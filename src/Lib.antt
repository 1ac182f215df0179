-- ===== src/Lib.antt =====
-- FLIMG sends files over radio with the Amp protocol, through fldigi. A file is encoded as text
-- (base64, base128 or base256), cut into blocks and sent, each block with a header of its tag, its
-- length and its CRC. The receiving side puts what fldigi delivers into a ring of bytes, looks for
-- the tags in it, checks each block's CRC and collects the blocks of a file.
--
-- The files and what they model:
--   Prelude        shared names, tests, lists, laws of the bit operations
--   Cstd           %d of snprintf and sscanf, and find, of the C and C++ libraries
--   Crc16          class Ccrc16 of src/include/crc16.h
--   Escape, Lines  escape, addlf and remlf of src/utils/base128.cxx and src/utils/base256.cxx
--   Base128        encode and decode of src/utils/base128.cxx
--   Base256        encode and decode of src/utils/base256.cxx
--   Base64         src/utils/base64.cxx
--   CircularQueue  Circular_queue of src/utils/circular_queue.cxx and src/include/circular_queue.h
--   IntMap         std::map<int, std::string>, with its laws
--   Amp            the blocks of a file in src/utils/amp.cxx and src/include/amp.h: data_block,
--                  xmt_calc_numblocks, rx_add_data, rx_completed and rx_recvd_string
--   Amp/Reports    rx_missing, rx_report and reformat_missing_blocks of src/utils/amp.cxx
--   Amp/Headers    the header functions, clear_rx and rx_parse_line of src/utils/amp.cxx
--   Amp/Sending    xmt_string of src/utils/amp.cxx
--   Amp/Incoming   tx_parse_report of src/utils/amp.cxx
--   GlobalAmp      cAmpGlobal of src/utils/global_amp.cxx: the vector of amps and the selected one
--   TagSearch      the table of tags and the parser's loop of src/utils/tagSearch.cxx
--   Frames         process_que of src/flimg.cxx, up to the handing over of a frame
--   Receive        process_data_stream of src/flimg.cxx, with rx_parse_buffer of src/utils/amp.cxx
--   Missing        process_missing_stream of src/flimg.cxx
--   Date           class Date of src/widgets/date.cxx
--   Util           the string helpers of src/utils/util.cxx
--   Timing         the timing table of the modems, src/utils/time_table.cxx, with the names in
--                  src/utils/time_table_dat.cxx; the arithmetic of float is a parameter
--   PlainText      isPlainText of src/utils/file_io.cxx, convert_to_plain_text of
--                  src/utils/amp.cxx
--   Compress       compress_maybe and decompress_maybe of src/utils/file_io.cxx, LZMA a parameter
--
-- A text is the list of its bytes, as native numbers. A function that changes an object returns
-- the new state. Loops are recursions on lists or on counts. Four have fuel: the decimal print has
-- the number itself, which exceeds the number of its digits, and the loop of
-- reformat_missing_blocks the length of its text, of which each turn takes a part. So have the
-- loops of xmt_string and tx_parse_report over their texts.
--
-- The parts meet as follows. CircularQueue holds what arrives; TagSearch finds a tag in it and
-- calls Frames, which checks the CRC of the frame behind the tag; Receive finds the amp that the
-- frame belongs to and reads its line there, and Missing the amps that a report is on; Amp and its
-- children read the line's text at the receiving half, and a report at the sending half.
--
-- Not modelled: xmt_vector_string, tx_relay_string and the setters of the amps; the transmit queue
-- and the script runner; copies of other projects' libraries (LZMA, XML-RPC); and windows, sockets,
-- threads, clocks and the file system, which only call the system.
pub mod Prelude
pub mod Cstd
pub mod Crc16
pub mod Escape
pub mod Lines
pub mod Base256
pub mod Base128
pub mod Base64
pub mod CircularQueue
pub mod IntMap
pub mod Amp
pub mod GlobalAmp
pub mod PlainText
pub mod TagSearch
pub mod Frames
pub mod Date
pub mod Util
pub mod Compress
pub mod Receive
pub mod Timing
pub mod Missing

--------

* Requirement
Return all the data exactly as given.

* Output
filename src/Lib.antt
repository 1ac182f215df0179
-- ===== src/Lib.antt =====
-- FLIMG sends files over radio with the Amp protocol, through fldigi. A file is encoded as text
-- (base64, base128 or base256), cut into blocks and sent, each block with a header of its tag, its
-- length and its CRC. The receiving side puts what fldigi delivers into a ring of bytes, looks for
-- the tags in it, checks each block's CRC and collects the blocks of a file.
--
-- The files and what they model:
--   Prelude        shared names, tests, lists, laws of the bit operations
--   Cstd           %d of snprintf and sscanf, and find, of the C and C++ libraries
--   Crc16          class Ccrc16 of src/include/crc16.h
--   Escape, Lines  escape, addlf and remlf of src/utils/base128.cxx and src/utils/base256.cxx
--   Base128        encode and decode of src/utils/base128.cxx
--   Base256        encode and decode of src/utils/base256.cxx
--   Base64         src/utils/base64.cxx
--   CircularQueue  Circular_queue of src/utils/circular_queue.cxx and src/include/circular_queue.h
--   IntMap         std::map<int, std::string>, with its laws
--   Amp            the blocks of a file in src/utils/amp.cxx and src/include/amp.h: data_block,
--                  xmt_calc_numblocks, rx_add_data, rx_completed and rx_recvd_string
--   Amp/Reports    rx_missing, rx_report and reformat_missing_blocks of src/utils/amp.cxx
--   Amp/Headers    the header functions, clear_rx and rx_parse_line of src/utils/amp.cxx
--   Amp/Sending    xmt_string of src/utils/amp.cxx
--   Amp/Incoming   tx_parse_report of src/utils/amp.cxx
--   GlobalAmp      cAmpGlobal of src/utils/global_amp.cxx: the vector of amps and the selected one
--   TagSearch      the table of tags and the parser's loop of src/utils/tagSearch.cxx
--   Frames         process_que of src/flimg.cxx, up to the handing over of a frame
--   Receive        process_data_stream of src/flimg.cxx, with rx_parse_buffer of src/utils/amp.cxx
--   Missing        process_missing_stream of src/flimg.cxx
--   Date           class Date of src/widgets/date.cxx
--   Util           the string helpers of src/utils/util.cxx
--   Timing         the timing table of the modems, src/utils/time_table.cxx, with the names in
--                  src/utils/time_table_dat.cxx; the arithmetic of float is a parameter
--   PlainText      isPlainText of src/utils/file_io.cxx, convert_to_plain_text of
--                  src/utils/amp.cxx
--   Compress       compress_maybe and decompress_maybe of src/utils/file_io.cxx, LZMA a parameter
--
-- A text is the list of its bytes, as native numbers. A function that changes an object returns
-- the new state. Loops are recursions on lists or on counts. Four have fuel: the decimal print has
-- the number itself, which exceeds the number of its digits, and the loop of
-- reformat_missing_blocks the length of its text, of which each turn takes a part. So have the
-- loops of xmt_string and tx_parse_report over their texts.
--
-- The parts meet as follows. CircularQueue holds what arrives; TagSearch finds a tag in it and
-- calls Frames, which checks the CRC of the frame behind the tag; Receive finds the amp that the
-- frame belongs to and reads its line there, and Missing the amps that a report is on; Amp and its
-- children read the line's text at the receiving half, and a report at the sending half.
--
-- Not modelled: xmt_vector_string, tx_relay_string and the setters of the amps; the transmit queue
-- and the script runner; copies of other projects' libraries (LZMA, XML-RPC); and windows, sockets,
-- threads, clocks and the file system, which only call the system.
pub mod Prelude
pub mod Cstd
pub mod Crc16
pub mod Escape
pub mod Lines
pub mod Base256
pub mod Base128
pub mod Base64
pub mod CircularQueue
pub mod IntMap
pub mod Amp
pub mod GlobalAmp
pub mod PlainText
pub mod TagSearch
pub mod Frames
pub mod Date
pub mod Util
pub mod Compress
pub mod Receive
pub mod Timing
pub mod Missing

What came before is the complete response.